### Work to complete
Begin at the line below that has "Has-right a xs" and stop after the line that has "let add = λ (v : d.VerifiedTxn).". Please restate only those lines, word for word.

++++ Data excerpts ++++

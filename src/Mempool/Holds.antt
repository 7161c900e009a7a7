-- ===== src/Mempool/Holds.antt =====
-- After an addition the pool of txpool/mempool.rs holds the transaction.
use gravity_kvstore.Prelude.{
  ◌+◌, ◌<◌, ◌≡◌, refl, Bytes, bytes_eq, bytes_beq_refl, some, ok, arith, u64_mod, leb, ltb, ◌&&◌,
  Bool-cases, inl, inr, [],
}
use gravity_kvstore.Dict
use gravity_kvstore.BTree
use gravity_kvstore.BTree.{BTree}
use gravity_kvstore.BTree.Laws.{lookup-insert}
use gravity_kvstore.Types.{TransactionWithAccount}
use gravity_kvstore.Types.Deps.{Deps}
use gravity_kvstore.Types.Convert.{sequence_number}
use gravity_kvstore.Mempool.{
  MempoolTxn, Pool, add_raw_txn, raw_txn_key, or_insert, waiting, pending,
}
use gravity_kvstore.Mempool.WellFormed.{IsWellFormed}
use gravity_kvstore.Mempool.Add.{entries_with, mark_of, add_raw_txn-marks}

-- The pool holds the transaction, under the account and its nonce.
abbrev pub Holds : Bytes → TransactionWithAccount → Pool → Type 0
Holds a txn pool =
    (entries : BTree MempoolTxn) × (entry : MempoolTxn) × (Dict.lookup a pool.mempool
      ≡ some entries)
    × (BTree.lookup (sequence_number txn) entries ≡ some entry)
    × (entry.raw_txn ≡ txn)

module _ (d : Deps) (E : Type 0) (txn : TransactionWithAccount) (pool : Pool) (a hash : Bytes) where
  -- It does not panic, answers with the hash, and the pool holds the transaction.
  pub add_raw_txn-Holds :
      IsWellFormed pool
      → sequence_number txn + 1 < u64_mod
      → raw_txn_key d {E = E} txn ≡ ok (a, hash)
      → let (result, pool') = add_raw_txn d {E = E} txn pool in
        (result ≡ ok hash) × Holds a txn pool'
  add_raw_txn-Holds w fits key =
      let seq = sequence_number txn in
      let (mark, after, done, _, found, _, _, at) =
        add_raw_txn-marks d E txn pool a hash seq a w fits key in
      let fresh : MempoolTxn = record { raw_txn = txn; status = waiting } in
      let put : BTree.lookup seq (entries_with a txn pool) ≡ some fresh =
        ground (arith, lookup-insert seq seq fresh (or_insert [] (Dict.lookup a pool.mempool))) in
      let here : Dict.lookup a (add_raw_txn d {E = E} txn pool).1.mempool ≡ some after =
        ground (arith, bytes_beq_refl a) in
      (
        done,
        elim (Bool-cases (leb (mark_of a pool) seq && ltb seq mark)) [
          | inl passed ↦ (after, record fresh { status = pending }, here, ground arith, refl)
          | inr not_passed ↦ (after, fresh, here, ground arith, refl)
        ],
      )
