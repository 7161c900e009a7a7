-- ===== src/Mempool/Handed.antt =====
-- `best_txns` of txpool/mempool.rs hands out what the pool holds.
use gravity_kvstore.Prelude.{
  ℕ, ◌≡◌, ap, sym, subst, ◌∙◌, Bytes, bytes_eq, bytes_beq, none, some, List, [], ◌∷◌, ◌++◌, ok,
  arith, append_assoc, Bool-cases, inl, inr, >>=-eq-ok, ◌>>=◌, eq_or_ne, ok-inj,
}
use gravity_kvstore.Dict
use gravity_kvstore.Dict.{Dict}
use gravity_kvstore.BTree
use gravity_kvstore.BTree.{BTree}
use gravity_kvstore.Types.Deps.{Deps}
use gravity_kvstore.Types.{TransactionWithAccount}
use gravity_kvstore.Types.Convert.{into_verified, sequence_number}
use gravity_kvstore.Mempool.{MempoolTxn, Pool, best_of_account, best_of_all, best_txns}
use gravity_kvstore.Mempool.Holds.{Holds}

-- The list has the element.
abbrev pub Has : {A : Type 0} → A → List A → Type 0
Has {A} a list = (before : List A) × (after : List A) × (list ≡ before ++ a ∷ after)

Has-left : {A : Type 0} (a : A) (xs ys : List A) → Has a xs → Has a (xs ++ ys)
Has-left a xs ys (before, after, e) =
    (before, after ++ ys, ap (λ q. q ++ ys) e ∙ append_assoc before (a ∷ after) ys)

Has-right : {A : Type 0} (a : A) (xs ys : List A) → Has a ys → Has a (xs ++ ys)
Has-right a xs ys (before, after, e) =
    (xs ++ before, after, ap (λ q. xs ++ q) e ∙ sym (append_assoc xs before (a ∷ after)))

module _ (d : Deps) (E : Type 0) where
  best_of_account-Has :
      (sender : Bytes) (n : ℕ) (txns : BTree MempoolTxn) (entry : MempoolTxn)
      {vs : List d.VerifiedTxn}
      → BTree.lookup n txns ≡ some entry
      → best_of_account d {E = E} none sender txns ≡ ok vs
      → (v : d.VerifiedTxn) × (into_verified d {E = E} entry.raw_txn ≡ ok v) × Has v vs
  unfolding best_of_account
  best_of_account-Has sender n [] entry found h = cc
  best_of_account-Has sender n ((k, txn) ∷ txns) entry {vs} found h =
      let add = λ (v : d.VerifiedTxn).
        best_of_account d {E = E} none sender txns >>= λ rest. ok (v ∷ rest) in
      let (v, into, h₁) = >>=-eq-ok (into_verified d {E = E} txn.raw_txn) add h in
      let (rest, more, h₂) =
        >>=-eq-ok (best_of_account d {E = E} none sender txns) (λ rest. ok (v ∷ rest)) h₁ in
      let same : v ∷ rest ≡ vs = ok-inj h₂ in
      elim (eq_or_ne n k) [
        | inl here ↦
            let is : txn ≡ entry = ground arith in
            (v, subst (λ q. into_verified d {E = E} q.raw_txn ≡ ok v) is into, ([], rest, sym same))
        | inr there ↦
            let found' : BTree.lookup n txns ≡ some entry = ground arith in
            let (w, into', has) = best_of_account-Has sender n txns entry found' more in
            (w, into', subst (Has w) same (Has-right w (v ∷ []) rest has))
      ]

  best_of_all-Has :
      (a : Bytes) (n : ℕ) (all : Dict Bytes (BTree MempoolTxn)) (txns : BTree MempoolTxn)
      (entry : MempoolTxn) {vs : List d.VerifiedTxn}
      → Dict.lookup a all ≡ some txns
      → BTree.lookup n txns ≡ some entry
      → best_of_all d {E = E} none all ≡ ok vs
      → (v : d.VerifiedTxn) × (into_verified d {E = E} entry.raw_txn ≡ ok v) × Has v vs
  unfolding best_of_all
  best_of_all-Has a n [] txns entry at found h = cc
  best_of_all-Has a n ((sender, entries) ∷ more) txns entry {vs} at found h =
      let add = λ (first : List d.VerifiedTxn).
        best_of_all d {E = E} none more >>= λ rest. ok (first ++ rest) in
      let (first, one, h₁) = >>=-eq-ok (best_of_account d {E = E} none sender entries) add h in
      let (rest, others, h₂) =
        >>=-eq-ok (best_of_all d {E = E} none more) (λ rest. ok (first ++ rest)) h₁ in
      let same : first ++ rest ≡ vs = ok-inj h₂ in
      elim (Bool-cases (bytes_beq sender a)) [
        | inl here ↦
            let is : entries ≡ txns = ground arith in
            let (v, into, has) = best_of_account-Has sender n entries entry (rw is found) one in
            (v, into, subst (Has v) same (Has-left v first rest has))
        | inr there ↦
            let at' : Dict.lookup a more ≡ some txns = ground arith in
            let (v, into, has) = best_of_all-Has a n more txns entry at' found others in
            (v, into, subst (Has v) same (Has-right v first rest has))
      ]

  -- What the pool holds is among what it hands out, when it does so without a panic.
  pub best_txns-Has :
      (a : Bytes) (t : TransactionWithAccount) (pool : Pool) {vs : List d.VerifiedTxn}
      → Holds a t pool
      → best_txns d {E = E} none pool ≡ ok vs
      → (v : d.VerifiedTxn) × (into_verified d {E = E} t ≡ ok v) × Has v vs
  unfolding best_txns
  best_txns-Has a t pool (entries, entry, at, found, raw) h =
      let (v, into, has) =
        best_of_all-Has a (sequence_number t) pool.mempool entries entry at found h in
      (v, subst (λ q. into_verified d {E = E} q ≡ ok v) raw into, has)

++++

### Finished exercise
Has-right a xs ys (before, after, e) =
    (xs ++ before, after, ap (λ q. xs ++ q) e ∙ sym (append_assoc xs before (a ∷ after)))

module _ (d : Deps) (E : Type 0) where
  best_of_account-Has :
      (sender : Bytes) (n : ℕ) (txns : BTree MempoolTxn) (entry : MempoolTxn)
      {vs : List d.VerifiedTxn}
      → BTree.lookup n txns ≡ some entry
      → best_of_account d {E = E} none sender txns ≡ ok vs
      → (v : d.VerifiedTxn) × (into_verified d {E = E} entry.raw_txn ≡ ok v) × Has v vs
  unfolding best_of_account
  best_of_account-Has sender n [] entry found h = cc
  best_of_account-Has sender n ((k, txn) ∷ txns) entry {vs} found h =
      let add = λ (v : d.VerifiedTxn).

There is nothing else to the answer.